APOE may also influence rehabilitation outcome following TBI. Friedman et al. [6] reported a strong association between the APOE ε4 allele and a poor clinical outcome. In this investigation, 1 of 27 (3%) of individuals with the APOE ε4 allele had a favorable outcome compared to 13 of 42 (31%) of those without the ε4 allele. A favorable outcome was defined by the absence of dysarthria or dysphasia, lack of behavioral abnormalities, no evidence of severe cognitive impairment, and the ability to live independently. Lichtman et al. [10] also noted that patients with the APOE ε4 allele experienced a poorer outcome than those without the e4 allele following rehabilitation. This differential in recovery was noted in the total and motor Functional Independence Measures (FIM) scores but not in the cognitive FIM score. The lack of a difference noted in cognitive function may reflect the relative insensitivity of the cognitive portion of the FIM. In a 1 year follow up of 39 patients with TBI who completed a neuropsychological rehabilitation program, the presence of the APOE ε4 allele was associated with poorer outcome [11]. Patients with the APOE ε4 allele showed deterioration in functioning compared to those without the APOE ε4 allele.

Several studies suggest that APOE may influence cognitive and/or behavioral function following TBI. Liberman et al. [12] noted that patients possessing the ε4 allele exhibited lower mean scores on 12 of 13 neuropsychological test measures compared to those without the ε4 allele following predominantly mild TBI. Two tests, the grooved pegboard and the paced auditory serial addition task, were statistically significant. Similarly, Sundstrom et al. [13] using within person comparisons also assessed cognitive function in a small cohort of individuals before and after mild TBI. In this study, patients with the ε4 allele exhibited significantly decreased performance on tests of divided attention, facial recognition and recall of actions. Crawford et al. [14] has presented evidence that APOE gene may influence memory function following TBI and observed that ε4 positive subjects had more impairments on memory testing than those patients that were ε4 negative. The ε4 allele had no effect on executive function. In contrast, in an analysis of 77 patients suffering from moderate to severe TBI, those with the ε4 allele in addition to demonstrating impaired learning and verbal memory, also exhibited impairments in frontal lobe functioning such as motor speed, fine motor coordination, visual scanning, attention, executive function and mental flexibility [16]. Koponen et al. [15] reported that the ε4 allele was more commonly associated with dementia and not psychiatric disorders following TBI. Individuals with the ε4 allele experienced a statistically significantly higher frequency of definite and subclinical dementia when assessed on an average 31 years following moderate and severe TBI. Carriers of the ε4 allele have also been observed to exhibit more behavioral disturbances than those without the ε4 allele [16].

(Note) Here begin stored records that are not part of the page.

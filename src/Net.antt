-- ===== src/Net.antt =====
-- src/net: the GameStream protocol, between the client and its hosts.
pub mod Hex
pub mod Xml
pub mod PairingCrypto
pub mod Pairing
pub mod Store
pub mod Http
pub mod HttpClient
pub mod Network
pub mod AppList
pub mod Launch
pub mod Identity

APOE genotype may also influence neurocognitive outcome following sports related TBI. In an APOE genotype analysis of 30 active and retired boxers, high exposure boxers (i.e. those with greater than 12 professional bouts) who possessed the ε4 allele exhibited more neurological impairment than those high exposure boxers without the ε4 [17]. In addition, all of the boxers with severe CTBI possessed an APOE ε4 allele. The ε4 allele had no effect on neurological function in low exposure boxers. In agreement with the boxing study, older active professional football players possessing the APOE ε4 allele scored lower on cognitive tests than did older active players without the allele or younger active players of any genotype [18]. Football players with the ε4 allele performed poorer in the areas of memory, attention, and reaction time. Both studies, although based on relatively small sample sizes, suggest that there may be an interaction between exposure to TBI and APOE genotype on neurological outcome in contact/collision sports.

Autopsy studies have provided information regarding the neuropathological features associated with the inheritance of the ε4 allele. Individuals possessing the ε4 allele exhibit more amyloid deposition in the brain following fatal TBI [19], are 8.75 times more likely to develop cerebral amyloid angiopathy [20], and experience more severe contusional injury [21]. There was also a trend towards more severe hypoxic injury among carriers of the ε4 allele following TBI but this did not reach statistical significance [21].

Although most studies indicate that the APOE genotype may influence outcome following TBI, there have been some negative studies failing to confirm this association. In a large prospective study involving 1094 subjects, ranging in age from 0 to 93 years, no association between APOE genotype and overall outcome was identified at 6 months following TBI [22]. In this investigation outcome was dichotomized as favorable and unfavorable using the GOS. Thirty-six percent of patients with the APOE ε4 allele had an unfavorable outcome compared with 33% of those individuals without the APOE ε4 allele. However, despite the negative findings among all ages, an interaction between age and APOE genotype on outcome was observed [22]. Younger TBI patients (15 years of age or less) possessing the APOE ε4 allele had an increased risk of an unfavorable outcome compared to younger individuals without the ε4 allele. Seventeen percent of younger patients with the allele had an unfavorable outcome compared to 6% of younger patients without the ε4 allele (odds ratio 3.06, 95% confidence ratio 1.22–7.65). No interaction between APOE genotype and injury severity on outcome was observed. Although the exact mechanism as to how APOE genotype might influence outcome in the young is unknown, a lack of an association between APOE genotype and posttraumatic brain diffuse brain swelling in young patients aged 2–19 years of age has been noted [23].

Other studies have also failed to demonstrate an association between overall outcome and APOE genotype. In a cohort of 110 African patients with traumatic cerebral contusions, 24% of 45 patients with the ε4 allele experienced an unfavorable outcome compared with 15.4% of 65 patients without the allele (P = 0.34) [24]. Of interest, the prevalence of the ε2 and ε4 alleles in this study cohort was higher than that encountered in other populations [24]. Failure to document an association between APOE genotype and TBI outcome among black Africans may reflect a differential effect of the APOE gene according to race. The majority of studies documenting an effect of APOE genotype on TBI outcome have been performed in predominantly Caucasian and Caucasian derived populations [24]. It has been postulated that variable expression APOE ε4 and its effect on TBI outcome among black Africans and Caucasians may be related to either interpopulation differences in the sequence variation underlying the APOE isoforms; the presence of other modifier genes; and/or a gene-environment interaction [24].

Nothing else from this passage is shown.